院子里很快贴出“勒令大厨师王某某三天撤出”的大字报,老王说:“我一个职工,我不管,我怕什么。”可是如果不走,就不再开工资了,老王还有一大家子人要养呢,这才不得不走了。走前老王手把手地教孩子们做饭,说:“首长他冤枉啊!老天有眼,共产党英明,像首长这样的好人不会老受屈,等他出来,我还要来给他做饭。”这话还真让老王说着了,以后老王跟着杨勇到新疆军区,继续给杨勇做饭。
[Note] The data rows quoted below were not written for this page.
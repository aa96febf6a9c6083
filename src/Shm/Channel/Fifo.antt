-- ===== src/Shm/Channel/Fifo.antt =====
-- The entry is a channel for one message at a time.
use libcando.Base.{
  ℕ, ◌≡◌, refl, sym, ◌≢◌, inl, inr, arith, true, false, Bool-cases, List, [], ◌++◌, ◌==◌,
}
use libcando.Shm.Channel.{
  Use, Message, Shared, Pc, out, Move, System, update, Step, moves, Reach, start, later,
}
use libcando.Shm.Channel.Inside.{
  is_inside, Behind, empty, Holds, Holds-Both, Holds-Quiet, Quiet-Holds, Holds-Behind,
}
use libcando.Shm.Channel.Moves.{Sized, Move-Sized, Move-Holds, kept, blocked}

module _ (u : Use) where
  -- Only the process `k` may be inside, and what it may rely on holds.
  pub record Only (s : System) (k : ℕ) : Type 0 where
    pub others : (j : ℕ) → k ≢ j → is_inside (s.pc j) ≡ false
    pub holds : Holds u s.shared s.written s.taken (s.pc k)
    pub sized : (j : ℕ) → Sized u (s.pc j)

  update-Sized :
      (pc : ℕ → Pc) (k : ℕ) (p : Pc)
      → Sized u p
      → ((j : ℕ) → Sized u (pc j))
      → (j : ℕ) → Sized u (update pc k p j)
  update-Sized pc k p z all j = elim (Bool-cases (k == j)) [
    | inl same ↦ rw same z
    | inr other ↦ rw other (all j)
  ]

  -- The state behind a step of `k`
  abbrev next : System → ℕ → Shared → Pc → List Message → List Message → System
  next s k m p ws rs = record {
    shared = m;
    pc = update s.pc k p;
    written = s.written ++ ws;
    taken = s.taken ++ rs;
  }

  module _ {s : System} {k : ℕ} {m : Shared} {p : Pc} {ws rs : List Message}
      (mv : Move u s.shared (s.pc k) m p ws rs) where
    moves-Only : Only s k → Only (next s k m p ws rs) k
    moves-Only o = record {
      others = λ j ne. let f : (k == j) ≡ false = ground arith in rw f (o.others j ne);
      holds =
          let t : (k == k) ≡ true = ground arith in
          rw t (Move-Holds u s.written s.taken mv (o.sized k) o.holds);
      sized = update-Sized s.pc k p (Move-Sized u mv) o.sized;
    }

    -- Another process is inside.
    blocked-Only :
        (i : ℕ) → i ≢ k → is_inside (s.pc i) ≡ true → Only s i → Only (next s k m p ws rs) i
    blocked-Only i ne inside o =
        let both = Holds-Both u s.shared s.written s.taken (s.pc i) inside o.holds in
        let (em, ep, ew, er) = blocked u mv (o.others k ne) both in
        let f : (k == i) ≡ false = ground arith in
        record {
          others = λ j n. elim (Bool-cases (k == j)) [
            | inl same ↦ rw same ep
            | inr other ↦ rw other (o.others j n)
          ];
          holds = rw (f, em, ew, er) (kept u s.shared (s.pc i) s.written s.taken o.holds);
          sized = update-Sized s.pc k p (Move-Sized u mv) o.sized;
        }

  -- Nobody is inside: any process may be the one that gets in.
  passed : (s : System) (i k : ℕ) → is_inside (s.pc i) ≡ false → i ≢ k → Only s i → Only s k
  passed s i k f ne o = record {
    others = λ j n. elim (Bool-cases (i == j)) [
      | inl same ↦ let e : i ≡ j = ground arith in rw (sym e) f
      | inr other ↦ o.others j (ground arith)
    ];
    holds =
        Quiet-Holds u s.shared s.written s.taken (s.pc k) (o.others k ne)
          (Holds-Quiet u s.shared s.written s.taken (s.pc i) f o.holds);
    sized = o.sized;
  }

  step-Only : {s t : System} (i : ℕ) → Step u s t → Only s i → (k : ℕ) × Only t k
  step-Only {s} i (moves k mv) o = elim (Bool-cases (i == k)) [
    | inl same ↦ (k, moves-Only mv (let e : i ≡ k = ground arith in rw (sym e) o))
    | inr other ↦ elim (Bool-cases (is_inside (s.pc i))) [
      | inl inside ↦ (i, blocked-Only mv i (ground arith) inside o)
      | inr outside ↦ (k, moves-Only mv (passed s i k outside (ground arith) o))
    ]
  ]

  pub reach-Only : {ints : ℕ → ℕ} {s : System} → Reach u ints s → (k : ℕ) × Only s k
  reach-Only start = (
    0,
    record {
      others = λ j ne. refl;
      holds = Quiet-Holds u _ [] [] out refl (empty refl refl refl);
      sized = λ j. tt;
    },
  )
  reach-Only (later r st) = let (k, o) = reach-Only r in step-Only k st o

  Only-one :
      {s : System} {k : ℕ}
      → Only s k
      → (i j : ℕ) → is_inside (s.pc i) ≡ true
      → is_inside (s.pc j) ≡ true
      → i ≡ j
  Only-one {k} o i j a b = ground (arith, o.others i, o.others j)

  -- However many processes write and read messages of one size on an entry, in any order of their
  -- accesses, with others that attach meanwhile and calls that give up with -EINTR behind the lock:
  -- at most one process is inside either lock, and the messages read are those that were written,
  -- whole and in their order, less at most the last one.
  pub reach-Fifo :
      {ints : ℕ → ℕ} {s : System}
      → Reach u ints s
      → Behind u s.written s.taken
        × ((i j : ℕ) → is_inside (s.pc i) ≡ true → is_inside (s.pc j) ≡ true → i ≡ j)
  reach-Fifo {s} r =
      let (k, o) = reach-Only r in
      (Holds-Behind u s.shared s.written s.taken (s.pc k) o.holds, λ i j a b. Only-one o i j a b)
1967年秋,树叶早早落了,林彬被勒令搬到另一条街的大杂院里,那是正觉寺一个大四合院的最后一排平房,给他们一人配了一个单人床,经过抄家和查封,衣物和书籍已经不多,只剩下几个破箱子。旧平房久没人住,窗纸全破了,也没有窗帘。侄女沙瑞平自报奋勇回去拿,原来的房子还有一个老头看着,老头还善良,帮她摘下两个窗帘。
就在这破旧的平房里,林彬和孩子们中了煤气。那时快到冬天,生蜂窝煤火。孩子们都睡了,沙瑞平半夜到前院上厕所,让风一吹,昏倒了,京京也昏睡在床上。林彬那时老写上诉材料,睡得晚,所以她不很严重。好在发现及时,赶快开窗通风,没有什么大碍。
1968年冬天来临,机关通知林彬第一批去宁夏干校,这时杨勇还是没有消息。杨冀平第一批报名去内蒙古锡林郭勒插队,报名的同学都批准了,却没有他。他偷偷跟了去,县安置办让他先下点劳动,过了十来天,又通知他这里离边境太近,不能安排“三反分子”子女,也不能发边境证,勒令他限时离开。杨冀平只好扒火车回到北京,他整天窝在家中,开始抽烟,越抽越凶。林彬问他愿不愿意跟她去宁夏干校,杨冀平表示同意。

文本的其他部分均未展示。